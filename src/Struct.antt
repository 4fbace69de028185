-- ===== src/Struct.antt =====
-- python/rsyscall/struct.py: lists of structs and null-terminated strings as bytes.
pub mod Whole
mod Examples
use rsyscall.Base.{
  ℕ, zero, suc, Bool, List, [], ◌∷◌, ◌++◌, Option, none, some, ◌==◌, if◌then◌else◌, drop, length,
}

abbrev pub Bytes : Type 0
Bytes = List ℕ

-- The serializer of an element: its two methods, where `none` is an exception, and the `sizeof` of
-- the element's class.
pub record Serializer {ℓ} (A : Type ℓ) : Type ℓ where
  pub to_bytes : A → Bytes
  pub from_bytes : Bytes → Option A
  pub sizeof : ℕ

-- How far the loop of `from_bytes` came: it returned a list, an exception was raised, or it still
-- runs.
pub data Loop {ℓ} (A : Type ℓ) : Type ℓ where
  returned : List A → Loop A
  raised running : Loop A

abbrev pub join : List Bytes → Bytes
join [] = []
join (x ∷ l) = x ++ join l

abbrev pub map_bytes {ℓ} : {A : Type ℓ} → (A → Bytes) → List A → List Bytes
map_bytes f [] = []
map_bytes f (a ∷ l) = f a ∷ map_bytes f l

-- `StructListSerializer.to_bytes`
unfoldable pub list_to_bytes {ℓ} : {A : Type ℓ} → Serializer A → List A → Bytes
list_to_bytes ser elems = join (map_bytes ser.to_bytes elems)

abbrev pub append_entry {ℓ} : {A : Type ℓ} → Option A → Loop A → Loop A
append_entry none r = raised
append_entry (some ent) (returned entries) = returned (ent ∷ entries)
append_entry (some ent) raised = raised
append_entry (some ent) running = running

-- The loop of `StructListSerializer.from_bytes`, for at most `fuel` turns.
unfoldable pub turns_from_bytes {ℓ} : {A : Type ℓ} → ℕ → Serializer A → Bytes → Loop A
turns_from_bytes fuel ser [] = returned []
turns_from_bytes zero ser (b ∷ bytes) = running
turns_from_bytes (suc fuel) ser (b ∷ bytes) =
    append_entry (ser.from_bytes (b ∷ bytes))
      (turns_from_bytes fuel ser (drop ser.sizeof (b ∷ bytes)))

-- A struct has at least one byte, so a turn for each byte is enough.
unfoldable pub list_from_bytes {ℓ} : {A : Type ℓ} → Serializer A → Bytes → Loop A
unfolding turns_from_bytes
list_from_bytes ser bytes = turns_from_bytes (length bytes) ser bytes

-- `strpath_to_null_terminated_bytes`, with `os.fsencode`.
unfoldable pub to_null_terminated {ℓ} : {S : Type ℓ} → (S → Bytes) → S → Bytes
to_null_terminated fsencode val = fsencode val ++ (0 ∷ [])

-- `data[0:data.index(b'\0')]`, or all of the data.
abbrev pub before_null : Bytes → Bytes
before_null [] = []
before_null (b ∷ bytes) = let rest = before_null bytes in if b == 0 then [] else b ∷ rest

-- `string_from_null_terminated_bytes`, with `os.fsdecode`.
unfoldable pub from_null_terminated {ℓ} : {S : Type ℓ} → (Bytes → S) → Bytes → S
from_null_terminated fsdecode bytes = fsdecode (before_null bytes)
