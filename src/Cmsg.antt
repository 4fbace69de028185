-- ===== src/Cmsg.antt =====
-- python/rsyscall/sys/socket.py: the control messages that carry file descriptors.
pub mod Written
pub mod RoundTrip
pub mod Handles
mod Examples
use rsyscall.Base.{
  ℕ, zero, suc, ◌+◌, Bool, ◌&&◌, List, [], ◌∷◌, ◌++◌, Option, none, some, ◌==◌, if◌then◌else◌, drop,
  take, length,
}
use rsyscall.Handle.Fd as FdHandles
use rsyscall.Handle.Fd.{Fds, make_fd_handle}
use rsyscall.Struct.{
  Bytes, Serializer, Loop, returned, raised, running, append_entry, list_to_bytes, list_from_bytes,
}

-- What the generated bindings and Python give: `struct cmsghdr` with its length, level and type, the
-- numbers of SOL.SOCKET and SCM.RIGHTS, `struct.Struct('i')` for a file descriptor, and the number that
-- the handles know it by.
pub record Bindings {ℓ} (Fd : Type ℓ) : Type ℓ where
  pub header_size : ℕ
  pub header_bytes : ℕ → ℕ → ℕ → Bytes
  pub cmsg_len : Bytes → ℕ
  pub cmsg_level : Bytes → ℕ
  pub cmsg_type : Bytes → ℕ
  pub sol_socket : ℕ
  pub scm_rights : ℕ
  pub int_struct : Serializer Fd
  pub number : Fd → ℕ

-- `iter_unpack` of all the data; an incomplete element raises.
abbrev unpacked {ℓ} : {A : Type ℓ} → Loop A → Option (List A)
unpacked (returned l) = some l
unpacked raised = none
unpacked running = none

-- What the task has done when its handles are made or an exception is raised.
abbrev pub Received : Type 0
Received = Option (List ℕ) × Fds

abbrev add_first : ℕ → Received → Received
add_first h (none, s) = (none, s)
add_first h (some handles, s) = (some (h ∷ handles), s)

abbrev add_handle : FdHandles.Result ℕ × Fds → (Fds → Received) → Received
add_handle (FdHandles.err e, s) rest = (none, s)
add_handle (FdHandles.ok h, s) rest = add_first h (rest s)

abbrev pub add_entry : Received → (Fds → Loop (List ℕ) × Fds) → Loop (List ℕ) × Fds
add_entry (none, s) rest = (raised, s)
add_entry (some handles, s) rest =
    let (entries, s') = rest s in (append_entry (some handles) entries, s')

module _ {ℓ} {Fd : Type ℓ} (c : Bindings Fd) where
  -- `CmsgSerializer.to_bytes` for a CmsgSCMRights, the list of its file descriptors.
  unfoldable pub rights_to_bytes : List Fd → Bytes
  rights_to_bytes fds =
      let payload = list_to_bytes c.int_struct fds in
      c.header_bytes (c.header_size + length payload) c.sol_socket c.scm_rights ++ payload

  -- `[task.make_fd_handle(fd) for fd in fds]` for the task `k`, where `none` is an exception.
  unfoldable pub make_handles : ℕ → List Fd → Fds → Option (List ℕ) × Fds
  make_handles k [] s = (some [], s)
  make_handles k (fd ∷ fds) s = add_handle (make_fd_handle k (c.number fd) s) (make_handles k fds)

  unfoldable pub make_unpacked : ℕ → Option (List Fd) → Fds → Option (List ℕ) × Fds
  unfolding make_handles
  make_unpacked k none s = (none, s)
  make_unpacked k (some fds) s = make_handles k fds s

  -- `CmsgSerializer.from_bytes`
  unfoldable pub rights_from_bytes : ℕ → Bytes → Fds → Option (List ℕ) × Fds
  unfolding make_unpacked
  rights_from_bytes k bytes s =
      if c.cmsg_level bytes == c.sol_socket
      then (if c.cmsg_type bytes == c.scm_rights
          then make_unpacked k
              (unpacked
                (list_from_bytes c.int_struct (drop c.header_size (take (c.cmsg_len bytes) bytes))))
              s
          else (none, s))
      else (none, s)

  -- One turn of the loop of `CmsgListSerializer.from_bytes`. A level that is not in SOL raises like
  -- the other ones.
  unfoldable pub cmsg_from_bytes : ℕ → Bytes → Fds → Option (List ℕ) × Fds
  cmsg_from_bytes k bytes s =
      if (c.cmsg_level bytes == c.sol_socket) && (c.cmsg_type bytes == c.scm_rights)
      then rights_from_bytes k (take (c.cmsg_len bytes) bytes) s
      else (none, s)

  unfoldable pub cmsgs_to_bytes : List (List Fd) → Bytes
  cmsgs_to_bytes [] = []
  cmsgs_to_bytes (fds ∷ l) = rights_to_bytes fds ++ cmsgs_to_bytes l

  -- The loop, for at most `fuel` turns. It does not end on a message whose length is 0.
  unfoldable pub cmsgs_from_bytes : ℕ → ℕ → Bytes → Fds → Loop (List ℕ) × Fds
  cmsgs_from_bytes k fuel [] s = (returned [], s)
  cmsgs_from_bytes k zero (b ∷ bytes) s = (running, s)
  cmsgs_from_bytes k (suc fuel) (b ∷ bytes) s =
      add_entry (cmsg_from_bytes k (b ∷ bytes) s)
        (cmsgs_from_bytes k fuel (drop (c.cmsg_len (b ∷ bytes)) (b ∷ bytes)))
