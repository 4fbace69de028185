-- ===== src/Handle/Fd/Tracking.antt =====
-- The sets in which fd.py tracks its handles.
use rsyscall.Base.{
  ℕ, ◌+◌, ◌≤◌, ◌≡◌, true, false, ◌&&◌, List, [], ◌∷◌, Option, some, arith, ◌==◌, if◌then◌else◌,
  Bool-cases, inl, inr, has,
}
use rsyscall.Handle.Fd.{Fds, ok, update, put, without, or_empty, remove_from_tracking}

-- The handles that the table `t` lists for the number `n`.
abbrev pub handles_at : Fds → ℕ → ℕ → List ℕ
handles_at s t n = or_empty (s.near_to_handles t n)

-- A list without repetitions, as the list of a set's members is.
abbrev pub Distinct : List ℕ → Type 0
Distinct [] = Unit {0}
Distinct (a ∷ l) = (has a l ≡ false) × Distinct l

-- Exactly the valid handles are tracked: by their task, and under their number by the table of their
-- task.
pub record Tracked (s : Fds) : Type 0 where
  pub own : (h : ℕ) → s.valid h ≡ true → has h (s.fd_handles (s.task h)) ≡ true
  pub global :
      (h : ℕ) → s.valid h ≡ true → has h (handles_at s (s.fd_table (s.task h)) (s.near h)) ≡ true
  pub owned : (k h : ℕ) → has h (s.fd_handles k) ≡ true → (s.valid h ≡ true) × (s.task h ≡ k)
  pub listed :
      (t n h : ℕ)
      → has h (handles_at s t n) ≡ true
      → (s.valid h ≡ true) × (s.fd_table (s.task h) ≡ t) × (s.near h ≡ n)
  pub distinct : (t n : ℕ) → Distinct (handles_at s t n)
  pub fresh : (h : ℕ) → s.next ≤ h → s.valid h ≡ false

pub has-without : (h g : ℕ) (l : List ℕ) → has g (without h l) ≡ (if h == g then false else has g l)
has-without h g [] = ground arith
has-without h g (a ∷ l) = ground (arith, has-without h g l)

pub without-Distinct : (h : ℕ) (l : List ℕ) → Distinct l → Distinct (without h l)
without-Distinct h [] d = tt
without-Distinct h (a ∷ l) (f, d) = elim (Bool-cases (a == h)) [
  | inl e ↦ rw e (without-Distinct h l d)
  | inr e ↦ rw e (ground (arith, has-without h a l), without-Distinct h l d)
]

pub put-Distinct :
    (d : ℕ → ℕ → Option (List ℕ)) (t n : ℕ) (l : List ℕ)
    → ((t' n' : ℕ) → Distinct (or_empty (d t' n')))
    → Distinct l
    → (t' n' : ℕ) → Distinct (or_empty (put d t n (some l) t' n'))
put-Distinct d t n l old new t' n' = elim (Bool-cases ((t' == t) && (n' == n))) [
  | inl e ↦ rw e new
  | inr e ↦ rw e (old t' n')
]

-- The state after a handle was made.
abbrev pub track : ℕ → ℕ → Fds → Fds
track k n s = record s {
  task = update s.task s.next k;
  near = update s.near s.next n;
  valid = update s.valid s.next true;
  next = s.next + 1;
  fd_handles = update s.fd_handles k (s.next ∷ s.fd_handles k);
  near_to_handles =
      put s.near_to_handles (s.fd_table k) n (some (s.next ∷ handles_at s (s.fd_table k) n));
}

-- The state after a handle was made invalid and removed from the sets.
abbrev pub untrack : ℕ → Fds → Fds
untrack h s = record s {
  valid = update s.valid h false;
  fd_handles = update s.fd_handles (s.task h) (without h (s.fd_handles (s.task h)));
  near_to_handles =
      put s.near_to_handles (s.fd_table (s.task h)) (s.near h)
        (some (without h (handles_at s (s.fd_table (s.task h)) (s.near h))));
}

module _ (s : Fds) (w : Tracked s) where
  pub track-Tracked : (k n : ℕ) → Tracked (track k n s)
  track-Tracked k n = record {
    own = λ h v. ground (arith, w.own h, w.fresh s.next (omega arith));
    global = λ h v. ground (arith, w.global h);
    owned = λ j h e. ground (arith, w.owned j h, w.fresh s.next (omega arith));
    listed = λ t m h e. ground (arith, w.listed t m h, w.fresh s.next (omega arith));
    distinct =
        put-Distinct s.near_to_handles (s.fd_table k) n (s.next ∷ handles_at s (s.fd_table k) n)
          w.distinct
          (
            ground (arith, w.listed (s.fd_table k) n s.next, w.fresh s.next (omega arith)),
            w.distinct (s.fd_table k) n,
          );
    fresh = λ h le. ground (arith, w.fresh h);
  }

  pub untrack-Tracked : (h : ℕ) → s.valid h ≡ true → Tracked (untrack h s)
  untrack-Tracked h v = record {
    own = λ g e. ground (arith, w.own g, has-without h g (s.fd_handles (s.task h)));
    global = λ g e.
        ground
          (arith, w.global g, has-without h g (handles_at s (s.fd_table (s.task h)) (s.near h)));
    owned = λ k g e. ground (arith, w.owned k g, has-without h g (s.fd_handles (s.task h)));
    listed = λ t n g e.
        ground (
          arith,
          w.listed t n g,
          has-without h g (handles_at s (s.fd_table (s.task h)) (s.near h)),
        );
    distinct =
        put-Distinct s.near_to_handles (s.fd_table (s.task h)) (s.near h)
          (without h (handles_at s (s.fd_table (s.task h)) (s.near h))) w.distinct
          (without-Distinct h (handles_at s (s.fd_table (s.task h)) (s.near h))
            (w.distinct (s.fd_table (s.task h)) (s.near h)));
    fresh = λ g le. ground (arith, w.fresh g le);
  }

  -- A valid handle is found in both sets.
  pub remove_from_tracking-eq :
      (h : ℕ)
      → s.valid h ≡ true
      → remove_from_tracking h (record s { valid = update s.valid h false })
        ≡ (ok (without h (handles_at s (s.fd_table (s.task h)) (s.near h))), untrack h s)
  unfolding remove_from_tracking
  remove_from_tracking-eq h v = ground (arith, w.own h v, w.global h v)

Exercise instructions — Print, please, the lines above from the very first through the one that holds "list_to_bytes ser elems", both included, word for word and with nothing else.

Completed exercise —
filename src/Struct.antt
repository 4fbace69de028185
-- ===== src/Struct.antt =====
-- python/rsyscall/struct.py: lists of structs and null-terminated strings as bytes.
pub mod Whole
mod Examples
use rsyscall.Base.{
  ℕ, zero, suc, Bool, List, [], ◌∷◌, ◌++◌, Option, none, some, ◌==◌, if◌then◌else◌, drop, length,
}

abbrev pub Bytes : Type 0
Bytes = List ℕ

-- The serializer of an element: its two methods, where `none` is an exception, and the `sizeof` of
-- the element's class.
pub record Serializer {ℓ} (A : Type ℓ) : Type ℓ where
  pub to_bytes : A → Bytes
  pub from_bytes : Bytes → Option A
  pub sizeof : ℕ

-- How far the loop of `from_bytes` came: it returned a list, an exception was raised, or it still
-- runs.
pub data Loop {ℓ} (A : Type ℓ) : Type ℓ where
  returned : List A → Loop A
  raised running : Loop A

abbrev pub join : List Bytes → Bytes
join [] = []
join (x ∷ l) = x ++ join l

abbrev pub map_bytes {ℓ} : {A : Type ℓ} → (A → Bytes) → List A → List Bytes
map_bytes f [] = []
map_bytes f (a ∷ l) = f a ∷ map_bytes f l

-- `StructListSerializer.to_bytes`
unfoldable pub list_to_bytes {ℓ} : {A : Type ℓ} → Serializer A → List A → Bytes
list_to_bytes ser elems = join (map_bytes ser.to_bytes elems)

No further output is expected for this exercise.